== What to do ==
When the string "cases" appears in a line of the records, show the whole line.
-------- Available data --------
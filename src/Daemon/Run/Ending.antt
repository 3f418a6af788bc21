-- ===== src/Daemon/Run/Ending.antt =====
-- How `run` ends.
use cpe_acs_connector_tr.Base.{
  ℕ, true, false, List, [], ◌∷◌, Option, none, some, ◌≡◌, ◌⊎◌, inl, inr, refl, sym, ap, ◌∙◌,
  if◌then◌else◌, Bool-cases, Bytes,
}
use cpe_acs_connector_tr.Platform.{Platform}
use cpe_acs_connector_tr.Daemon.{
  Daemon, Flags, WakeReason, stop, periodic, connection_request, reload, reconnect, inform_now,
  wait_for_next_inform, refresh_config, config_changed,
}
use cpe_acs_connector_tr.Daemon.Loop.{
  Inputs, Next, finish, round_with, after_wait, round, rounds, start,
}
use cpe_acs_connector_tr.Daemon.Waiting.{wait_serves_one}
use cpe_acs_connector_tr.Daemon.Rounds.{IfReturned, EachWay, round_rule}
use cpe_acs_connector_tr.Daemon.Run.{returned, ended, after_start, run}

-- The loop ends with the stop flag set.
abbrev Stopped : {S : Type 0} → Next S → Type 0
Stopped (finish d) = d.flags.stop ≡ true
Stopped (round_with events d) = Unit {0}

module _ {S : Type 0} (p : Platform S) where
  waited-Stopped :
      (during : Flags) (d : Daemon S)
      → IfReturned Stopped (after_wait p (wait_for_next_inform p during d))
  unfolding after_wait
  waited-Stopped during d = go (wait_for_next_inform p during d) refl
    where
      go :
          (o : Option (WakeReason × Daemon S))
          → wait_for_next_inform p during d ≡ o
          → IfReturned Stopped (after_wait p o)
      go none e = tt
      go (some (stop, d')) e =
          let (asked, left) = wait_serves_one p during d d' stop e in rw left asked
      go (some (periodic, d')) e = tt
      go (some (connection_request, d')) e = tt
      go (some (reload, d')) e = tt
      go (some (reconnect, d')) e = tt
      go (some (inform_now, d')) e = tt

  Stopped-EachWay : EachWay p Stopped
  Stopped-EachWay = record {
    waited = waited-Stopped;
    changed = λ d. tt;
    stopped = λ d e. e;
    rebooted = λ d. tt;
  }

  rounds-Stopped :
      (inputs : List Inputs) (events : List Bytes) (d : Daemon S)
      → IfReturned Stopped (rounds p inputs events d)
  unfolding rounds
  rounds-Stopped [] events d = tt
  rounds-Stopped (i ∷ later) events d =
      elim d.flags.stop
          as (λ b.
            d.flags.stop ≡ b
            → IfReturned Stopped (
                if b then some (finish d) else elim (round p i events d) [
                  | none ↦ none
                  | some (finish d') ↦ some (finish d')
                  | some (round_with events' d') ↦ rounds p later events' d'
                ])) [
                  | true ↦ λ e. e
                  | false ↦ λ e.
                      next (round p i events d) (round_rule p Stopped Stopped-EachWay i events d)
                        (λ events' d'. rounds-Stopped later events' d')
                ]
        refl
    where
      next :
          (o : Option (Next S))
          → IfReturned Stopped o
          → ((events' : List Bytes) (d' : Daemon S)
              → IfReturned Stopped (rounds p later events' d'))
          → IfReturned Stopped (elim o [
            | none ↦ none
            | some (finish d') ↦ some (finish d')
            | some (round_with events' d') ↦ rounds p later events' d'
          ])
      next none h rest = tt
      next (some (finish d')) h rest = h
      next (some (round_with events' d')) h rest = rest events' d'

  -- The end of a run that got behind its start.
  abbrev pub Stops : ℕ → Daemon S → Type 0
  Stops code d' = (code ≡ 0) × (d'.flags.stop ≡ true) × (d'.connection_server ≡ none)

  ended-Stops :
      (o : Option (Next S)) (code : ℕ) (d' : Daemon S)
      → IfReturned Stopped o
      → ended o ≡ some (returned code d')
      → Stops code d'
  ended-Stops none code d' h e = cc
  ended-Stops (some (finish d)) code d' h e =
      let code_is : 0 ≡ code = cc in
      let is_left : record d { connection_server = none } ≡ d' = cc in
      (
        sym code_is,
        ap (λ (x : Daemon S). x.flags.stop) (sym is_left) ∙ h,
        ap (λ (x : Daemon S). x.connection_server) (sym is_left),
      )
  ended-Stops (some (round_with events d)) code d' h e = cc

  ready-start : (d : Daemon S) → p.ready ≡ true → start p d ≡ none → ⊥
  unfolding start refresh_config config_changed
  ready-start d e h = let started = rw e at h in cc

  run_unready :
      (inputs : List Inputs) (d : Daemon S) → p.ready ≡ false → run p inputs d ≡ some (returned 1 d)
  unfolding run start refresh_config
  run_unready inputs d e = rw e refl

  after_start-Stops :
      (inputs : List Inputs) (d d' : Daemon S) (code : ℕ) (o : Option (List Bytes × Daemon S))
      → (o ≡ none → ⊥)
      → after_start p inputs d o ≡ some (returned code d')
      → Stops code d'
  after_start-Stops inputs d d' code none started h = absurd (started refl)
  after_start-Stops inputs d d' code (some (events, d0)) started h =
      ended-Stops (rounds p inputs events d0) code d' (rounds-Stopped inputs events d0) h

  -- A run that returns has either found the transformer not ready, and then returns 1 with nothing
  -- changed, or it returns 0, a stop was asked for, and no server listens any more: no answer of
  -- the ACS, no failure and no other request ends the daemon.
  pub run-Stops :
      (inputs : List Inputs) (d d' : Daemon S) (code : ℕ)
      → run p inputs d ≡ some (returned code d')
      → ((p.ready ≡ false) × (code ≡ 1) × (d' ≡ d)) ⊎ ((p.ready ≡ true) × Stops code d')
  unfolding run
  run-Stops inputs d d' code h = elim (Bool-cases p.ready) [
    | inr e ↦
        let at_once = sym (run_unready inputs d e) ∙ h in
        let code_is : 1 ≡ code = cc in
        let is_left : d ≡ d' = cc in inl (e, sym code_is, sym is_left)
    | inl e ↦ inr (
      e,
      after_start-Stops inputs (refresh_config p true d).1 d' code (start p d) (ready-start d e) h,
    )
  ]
--------
== Result of the task ==
  if◌then◌else◌, Bool-cases, Bytes,
  run-Stops inputs d d' code h = elim (Bool-cases p.ready) [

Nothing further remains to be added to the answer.